- _What this task involves_:
Retype all of the data without changing a single word.

· · · ·

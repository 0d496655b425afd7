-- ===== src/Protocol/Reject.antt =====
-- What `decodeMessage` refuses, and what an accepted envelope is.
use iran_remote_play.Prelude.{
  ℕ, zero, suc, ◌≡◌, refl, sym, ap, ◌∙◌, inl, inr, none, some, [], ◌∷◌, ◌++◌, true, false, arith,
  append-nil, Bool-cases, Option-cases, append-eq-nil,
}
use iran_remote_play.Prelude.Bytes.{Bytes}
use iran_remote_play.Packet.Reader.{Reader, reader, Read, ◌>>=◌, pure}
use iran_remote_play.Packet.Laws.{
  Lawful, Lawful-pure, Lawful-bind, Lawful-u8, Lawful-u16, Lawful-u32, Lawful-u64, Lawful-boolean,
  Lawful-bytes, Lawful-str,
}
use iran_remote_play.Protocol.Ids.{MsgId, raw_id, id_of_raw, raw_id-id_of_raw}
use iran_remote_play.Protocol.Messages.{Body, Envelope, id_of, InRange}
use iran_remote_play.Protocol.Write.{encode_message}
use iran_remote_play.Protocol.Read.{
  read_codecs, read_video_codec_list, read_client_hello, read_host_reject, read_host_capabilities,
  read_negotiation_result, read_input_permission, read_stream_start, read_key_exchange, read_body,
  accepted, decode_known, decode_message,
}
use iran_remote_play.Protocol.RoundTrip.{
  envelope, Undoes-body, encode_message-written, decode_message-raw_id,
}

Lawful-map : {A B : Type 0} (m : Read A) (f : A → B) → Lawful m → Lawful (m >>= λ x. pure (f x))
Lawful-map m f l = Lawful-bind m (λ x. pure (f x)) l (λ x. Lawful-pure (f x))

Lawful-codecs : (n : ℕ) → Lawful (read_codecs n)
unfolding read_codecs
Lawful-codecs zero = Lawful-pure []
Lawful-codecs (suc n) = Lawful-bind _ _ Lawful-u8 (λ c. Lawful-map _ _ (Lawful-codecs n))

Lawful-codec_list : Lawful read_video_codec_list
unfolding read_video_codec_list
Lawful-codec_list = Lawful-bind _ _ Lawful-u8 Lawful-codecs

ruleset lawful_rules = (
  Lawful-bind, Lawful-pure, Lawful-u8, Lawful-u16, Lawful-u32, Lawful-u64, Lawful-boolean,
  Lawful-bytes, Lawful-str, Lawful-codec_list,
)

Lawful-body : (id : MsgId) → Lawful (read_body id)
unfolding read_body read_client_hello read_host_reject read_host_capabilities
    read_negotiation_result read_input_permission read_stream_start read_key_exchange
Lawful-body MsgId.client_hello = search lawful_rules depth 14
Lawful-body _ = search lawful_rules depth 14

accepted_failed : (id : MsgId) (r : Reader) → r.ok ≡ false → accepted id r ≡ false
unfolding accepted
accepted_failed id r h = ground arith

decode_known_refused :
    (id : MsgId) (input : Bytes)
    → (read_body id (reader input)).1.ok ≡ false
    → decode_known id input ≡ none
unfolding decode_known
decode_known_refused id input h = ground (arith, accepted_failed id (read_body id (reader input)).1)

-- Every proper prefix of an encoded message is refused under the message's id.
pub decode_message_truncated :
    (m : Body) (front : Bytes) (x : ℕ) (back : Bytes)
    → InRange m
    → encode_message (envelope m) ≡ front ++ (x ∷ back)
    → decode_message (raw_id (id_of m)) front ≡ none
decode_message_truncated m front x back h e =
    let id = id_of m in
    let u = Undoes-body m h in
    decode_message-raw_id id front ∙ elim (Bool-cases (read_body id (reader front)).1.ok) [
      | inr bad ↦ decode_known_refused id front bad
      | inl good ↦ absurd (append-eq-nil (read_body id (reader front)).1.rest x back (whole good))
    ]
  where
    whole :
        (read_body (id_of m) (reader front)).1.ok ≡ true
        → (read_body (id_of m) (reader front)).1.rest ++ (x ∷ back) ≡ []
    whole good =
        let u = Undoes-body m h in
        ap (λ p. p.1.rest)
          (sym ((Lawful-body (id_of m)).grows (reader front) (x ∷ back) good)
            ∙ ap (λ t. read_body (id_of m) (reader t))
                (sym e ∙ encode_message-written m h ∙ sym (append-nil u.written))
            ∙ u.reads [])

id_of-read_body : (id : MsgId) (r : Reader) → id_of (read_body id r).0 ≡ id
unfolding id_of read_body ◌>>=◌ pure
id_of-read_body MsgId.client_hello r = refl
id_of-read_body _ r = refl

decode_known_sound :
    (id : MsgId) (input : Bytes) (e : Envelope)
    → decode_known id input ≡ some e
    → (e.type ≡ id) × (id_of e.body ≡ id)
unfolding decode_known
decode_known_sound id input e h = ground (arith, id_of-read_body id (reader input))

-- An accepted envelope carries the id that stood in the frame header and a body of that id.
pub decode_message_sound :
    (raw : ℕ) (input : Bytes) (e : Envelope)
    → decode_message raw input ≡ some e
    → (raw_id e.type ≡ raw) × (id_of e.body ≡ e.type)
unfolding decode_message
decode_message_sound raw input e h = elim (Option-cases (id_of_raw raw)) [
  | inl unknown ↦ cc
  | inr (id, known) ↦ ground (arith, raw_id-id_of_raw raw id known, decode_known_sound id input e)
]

· · · ·

- _Reply to the task_:
repository 0d496655b425afd7
-- ===== src/Protocol/Reject.antt =====
-- What `decodeMessage` refuses, and what an accepted envelope is.
use iran_remote_play.Prelude.{
  ℕ, zero, suc, ◌≡◌, refl, sym, ap, ◌∙◌, inl, inr, none, some, [], ◌∷◌, ◌++◌, true, false, arith,
  append-nil, Bool-cases, Option-cases, append-eq-nil,
}
use iran_remote_play.Prelude.Bytes.{Bytes}
use iran_remote_play.Packet.Reader.{Reader, reader, Read, ◌>>=◌, pure}
use iran_remote_play.Packet.Laws.{
  Lawful, Lawful-pure, Lawful-bind, Lawful-u8, Lawful-u16, Lawful-u32, Lawful-u64, Lawful-boolean,
  Lawful-bytes, Lawful-str,
}
use iran_remote_play.Protocol.Ids.{MsgId, raw_id, id_of_raw, raw_id-id_of_raw}
use iran_remote_play.Protocol.Messages.{Body, Envelope, id_of, InRange}
use iran_remote_play.Protocol.Write.{encode_message}
use iran_remote_play.Protocol.Read.{
  read_codecs, read_video_codec_list, read_client_hello, read_host_reject, read_host_capabilities,
  read_negotiation_result, read_input_permission, read_stream_start, read_key_exchange, read_body,
  accepted, decode_known, decode_message,
}
use iran_remote_play.Protocol.RoundTrip.{
  envelope, Undoes-body, encode_message-written, decode_message-raw_id,
}

Lawful-map : {A B : Type 0} (m : Read A) (f : A → B) → Lawful m → Lawful (m >>= λ x. pure (f x))
Lawful-map m f l = Lawful-bind m (λ x. pure (f x)) l (λ x. Lawful-pure (f x))

Lawful-codecs : (n : ℕ) → Lawful (read_codecs n)
unfolding read_codecs
Lawful-codecs zero = Lawful-pure []
Lawful-codecs (suc n) = Lawful-bind _ _ Lawful-u8 (λ c. Lawful-map _ _ (Lawful-codecs n))

Lawful-codec_list : Lawful read_video_codec_list
unfolding read_video_codec_list
Lawful-codec_list = Lawful-bind _ _ Lawful-u8 Lawful-codecs

ruleset lawful_rules = (
  Lawful-bind, Lawful-pure, Lawful-u8, Lawful-u16, Lawful-u32, Lawful-u64, Lawful-boolean,
  Lawful-bytes, Lawful-str, Lawful-codec_list,
)

Lawful-body : (id : MsgId) → Lawful (read_body id)
unfolding read_body read_client_hello read_host_reject read_host_capabilities
    read_negotiation_result read_input_permission read_stream_start read_key_exchange
Lawful-body MsgId.client_hello = search lawful_rules depth 14
Lawful-body _ = search lawful_rules depth 14

accepted_failed : (id : MsgId) (r : Reader) → r.ok ≡ false → accepted id r ≡ false
unfolding accepted
accepted_failed id r h = ground arith

decode_known_refused :
    (id : MsgId) (input : Bytes)
    → (read_body id (reader input)).1.ok ≡ false
    → decode_known id input ≡ none
unfolding decode_known
decode_known_refused id input h = ground (arith, accepted_failed id (read_body id (reader input)).1)

-- Every proper prefix of an encoded message is refused under the message's id.
pub decode_message_truncated :
    (m : Body) (front : Bytes) (x : ℕ) (back : Bytes)
    → InRange m
    → encode_message (envelope m) ≡ front ++ (x ∷ back)
    → decode_message (raw_id (id_of m)) front ≡ none
decode_message_truncated m front x back h e =
    let id = id_of m in
    let u = Undoes-body m h in
    decode_message-raw_id id front ∙ elim (Bool-cases (read_body id (reader front)).1.ok) [
      | inr bad ↦ decode_known_refused id front bad
      | inl good ↦ absurd (append-eq-nil (read_body id (reader front)).1.rest x back (whole good))
    ]
  where
    whole :
        (read_body (id_of m) (reader front)).1.ok ≡ true
        → (read_body (id_of m) (reader front)).1.rest ++ (x ∷ back) ≡ []
    whole good =
        let u = Undoes-body m h in
        ap (λ p. p.1.rest)
          (sym ((Lawful-body (id_of m)).grows (reader front) (x ∷ back) good)
            ∙ ap (λ t. read_body (id_of m) (reader t))
                (sym e ∙ encode_message-written m h ∙ sym (append-nil u.written))
            ∙ u.reads [])

id_of-read_body : (id : MsgId) (r : Reader) → id_of (read_body id r).0 ≡ id
unfolding id_of read_body ◌>>=◌ pure
id_of-read_body MsgId.client_hello r = refl
id_of-read_body _ r = refl

decode_known_sound :
    (id : MsgId) (input : Bytes) (e : Envelope)
    → decode_known id input ≡ some e
    → (e.type ≡ id) × (id_of e.body ≡ id)
unfolding decode_known
decode_known_sound id input e h = ground (arith, id_of-read_body id (reader input))

-- An accepted envelope carries the id that stood in the frame header and a body of that id.
pub decode_message_sound :
    (raw : ℕ) (input : Bytes) (e : Envelope)
    → decode_message raw input ≡ some e
    → (raw_id e.type ≡ raw) × (id_of e.body ≡ e.type)
unfolding decode_message
decode_message_sound raw input e h = elim (Option-cases (id_of_raw raw)) [
  | inl unknown ↦ cc
  | inr (id, known) ↦ ground (arith, raw_id-id_of_raw raw id known, decode_known_sound id input e)
]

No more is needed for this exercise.